The vulnerability exists due to insufficient sanitization of user-supplied data when constructing CSV files. A local administrator can store malformed data in certain XCC server informational fields, that could result in crafted formulas being stored in an exported CSV file.
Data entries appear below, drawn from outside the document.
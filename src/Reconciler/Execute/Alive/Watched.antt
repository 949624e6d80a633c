-- ===== src/Reconciler/Execute/Alive/Watched.antt =====
-- The managers of the reconciler with a note beside the host: whether the last call that starts,
-- stops or deletes one tailnet was a start.
use hydrascale.Common.{
  true, Bool, false, ◌||◌, Text, text_eq, same_text, ◌==◌, ==_iff, if◌then◌else◌, ◌≡◌, arith,
}
use hydrascale.Namespaces.{namespace_name}
use hydrascale.Reconciler.Execute.{Managers}
use hydrascale.Reconciler.Execute.Alive.{Upkeep}

pub own_start : (id : Text) (noted : Bool) → (id == id || noted) ≡ true
own_start id noted = ground (arith, ==_iff id id)

pub any_start : (own noted : Bool) → noted ≡ true → (own || noted) ≡ true
any_start own noted h = ground (arith, h)

module _ {W : Type 0} (m : Managers W) (id : Text) where
  -- Every call goes to the managers as it is; a call of `start` notes true, and a call of `stop` for
  -- the tailnet or of `delete` for its namespace notes false.
  unfoldable pub watched : Managers (W × Bool)
  watched = record {
    get_name = m.get_name;
    load_config = λ w. m.load_config w.0;
    create = λ j w. (let r = m.create j w.0 in ((r.0, w.1), r.1));
    delete = λ ns w.
        (let r = m.delete ns w.0 in ((r.0, if ns == m.get_name id then false else w.1), r.1));
    write_resolv_conf = λ ns w. (m.write_resolv_conf ns w.0, w.1);
    setup_host_access =
        λ ns publish on w. (let r = m.setup_host_access ns publish on w.0 in ((r.0, w.1), r.1));
    teardown_host_access = λ ns w. (let r = m.teardown_host_access ns w.0 in ((r.0, w.1), r.1));
    has_host_access = m.has_host_access;
    forget_tailnet = λ j w. (let r = m.forget_tailnet j w.0 in ((r.0, w.1), r.1));
    remove_state_dir = λ j w. (let r = m.remove_state_dir j w.0 in ((r.0, w.1), r.1));
    start = λ j ns allow w. (let r = m.start j ns allow w.0 in ((r.0, j == id || w.1), r.1));
    stop = λ ns j w. (let r = m.stop ns j w.0 in ((r.0, if j == id then false else w.1), r.1));
    authorize = λ j ns key url w. (let r = m.authorize j ns key url w.0 in ((r.0, w.1), r.1));
    refresh_dns_if_ready = λ j ns w. (let r = m.refresh_dns_if_ready j ns w.0 in ((r.0, w.1), r.1));
    sync_routes_of = λ ns j w. (let r = m.sync_routes_of ns j w.0 in ((r.0, w.1), r.1));
    sync_host = λ j ns cfg w. (let r = m.sync_host j ns cfg w.0 in ((r.0, w.1), r.1));
  }

  -- GetName gives the namespaces of two tailnets two names.
  pub names_apart :
      ((j : Text) → m.get_name j ≡ namespace_name j)
      → (j : Text) → (j == id) ≡ false
      → (m.get_name j == m.get_name id) ≡ false
  unfolding namespace_name same_text
  names_apart named j other = rw (named j, named id) other

  unfoldable pub watched-Upkeep : ((j : Text) → m.get_name j ≡ namespace_name j) → Upkeep watched id
  unfolding watched
  watched-Upkeep named = record {
    is_up = λ w. w.1;
    names_apart = names_apart named;
    starts = λ ns allow w. own_start id w.1;
    keeps_create = λ j w h. h;
    keeps_delete = λ ns w other h. rw other h;
    keeps_resolv_conf = λ ns w h. h;
    keeps_setup = λ ns publish on w h. h;
    keeps_teardown = λ ns w h. h;
    keeps_forget = λ j w h. h;
    keeps_state_dir = λ j w h. h;
    keeps_start = λ j ns allow w h. any_start (j == id) w.1 h;
    keeps_stop = λ ns j w other h. rw other h;
    keeps_authorize = λ j ns key url w h. h;
    keeps_refresh = λ j ns w h. h;
    keeps_routes = λ ns j w h. h;
    keeps_host = λ j ns cfg w h. h;
  }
Successful exploitation of this vulnerability may allow a local administrator to execute arbitrary code and compromise of vulnerable system.
Mitigation
| Product | Minimum Fix Version | Download Link | Status Last Updated |
| ThinkAgile HX series, Machine Types: 7X82, 7Y88, 7Z03 | TEI392M | https://datacentersupport.lenovo.com/downloads/DS542158 | 2019-11-19 |
| ThinkAgile HX Series, Machine Types: 7X83,YX84,7Y89,7Y90,7Z04,7Z05,7Z06,7Z07 | CDI340M | https://datacentersupport.lenovo.com/downloads/DS542159 | 2019-11-19 |
| ThinkAgile MX Certified Nodes, Machine Types: 7Z20,7D1H | CDI340M | https://datacentersupport.lenovo.com/downloads/DS542159 | 2019-11-19 |
| ThinkAgile VX series, Machine Types: 7Y11, 7Y12, 7Y92 | TEI392M | https://datacentersupport.lenovo.com/downloads/DS542158 | 2019-11-19 |
| ThinkAgile VX Series, Machine Types: 7Y13,7Y14,7Y93,7Y94 | CDI340M | https://datacentersupport.lenovo.com/downloads/DS542159 | 2019-11-19 |
| ThinkSystem SD530, Machine Types: 7X21 | TEI392M | https://datacentersupport.lenovo.com/downloads/DS542158 | 2019-11-19 |
| ThinkSystem SD650 DWC Dual Node Tray, Machine Types: 7X58 | TEI392M | https://datacentersupport.lenovo.com/downloads/DS542158 | 2019-11-19 |
| ThinkSystem SN550, Machine Types: 7X16 | TEI392M | https://datacentersupport.lenovo.com/downloads/DS542158 | 2019-11-19 |
| ThinkSystem SN850, Machine Types: 7X15 | TEI392M | https://datacentersupport.lenovo.com/downloads/DS542158 | 2019-11-19 |
| ThinkSystem SR150 / SR158, Machine Types: 7Y54,7Y55 | TEI392M | https://datacentersupport.lenovo.com/downloads/DS542158 | 2019-11-19 |
| ThinkSystem SR250/SR258, Machine Types: 7Y51,7Y52,7Y72,7Y73,7Y53 | TEI392M | https://datacentersupport.lenovo.com/downloads/DS542158 | 2019-11-19 |
| ThinkSystem SR530, Machine Types: 7X07,7X08 | CDI340M | https://datacentersupport.lenovo.com/downloads/DS542159 | 2019-11-19 |
| ThinkSystem SR550, Machine Types: 7X03,7X04 | CDI340M | https://datacentersupport.lenovo.com/downloads/DS542159 | 2019-11-19 |
| ThinkSystem SR570, Machine Types: 7Y02,7Y03 | CDI340M | https://datacentersupport.lenovo.com/downloads/DS542159 | 2019-11-19 |
| ThinkSystem SR590, Machine Types: 7X98,7X99 | CDI340M | https://datacentersupport.lenovo.com/downloads/DS542159 | 2019-11-19 |
| ThinkSystem SR630, Machine Types: 7X01,7X02 | CDI340M | https://datacentersupport.lenovo.com/downloads/DS542159 | 2019-11-19 |
| ThinkSystem SR650, Machine Types: 7X05,7X06 | CDI340M | https://datacentersupport.lenovo.com/downloads/DS542159 | 2019-11-19 |
| ThinkSystem SR670 Server, Machine Types: 7Y36, 7Y37, 7Y38 | G1I312 | https://datacentersupport.lenovo.com/downloads/DS542157 | 2019-11-19 |
| ThinkSystem SR850, Machine Types: 7X18, 7X19 | TEI392M | https://datacentersupport.lenovo.com/downloads/DS542158 | 2019-11-19 |
| ThinkSystem SR860, Machine Types: 7X69, 7X70 | TEI392M | https://datacentersupport.lenovo.com/downloads/DS542158 | 2019-11-19 |
| ThinkSystem SR950 Server, Machine Types: 7X11,7X12,7X13,7Y95,7Y96,7Z08,7Z09 | PSI328M | https://datacentersupport.lenovo.com/downloads/DS542206 | 2019-11-19 |
| ThinkSystem ST250/ST258, Machine Types: 7Y45,7Y46,7Y47 | TEI392M | https://datacentersupport.lenovo.com/downloads/DS542158 | 2019-11-19 |
| ThinkSystem ST550, Machine Types: 7X09,7X10 | CDI340M | https://datacentersupport.lenovo.com/downloads/DS542159 | 2019-11-19 |
| ThinkSystem ST558, Machine Types: 7Y15,7Y16 | CDI340M | https://datacentersupport.lenovo.com/downloads/DS542159 | 2019-11-19 |
Vulnerable software versions
Lenovo XClarity Controller (XCC): 1.02 - 2.85
External links
http://support.lenovo.com/solutions/LEN-29118
Q & A
Can this vulnerability be exploited remotely?
Yes. This vulnerability can be exploited by a remote authenticated privileged user via the Internet.
Is there known malware, which exploits this vulnerability?
No. We are not aware of malware exploiting this vulnerability.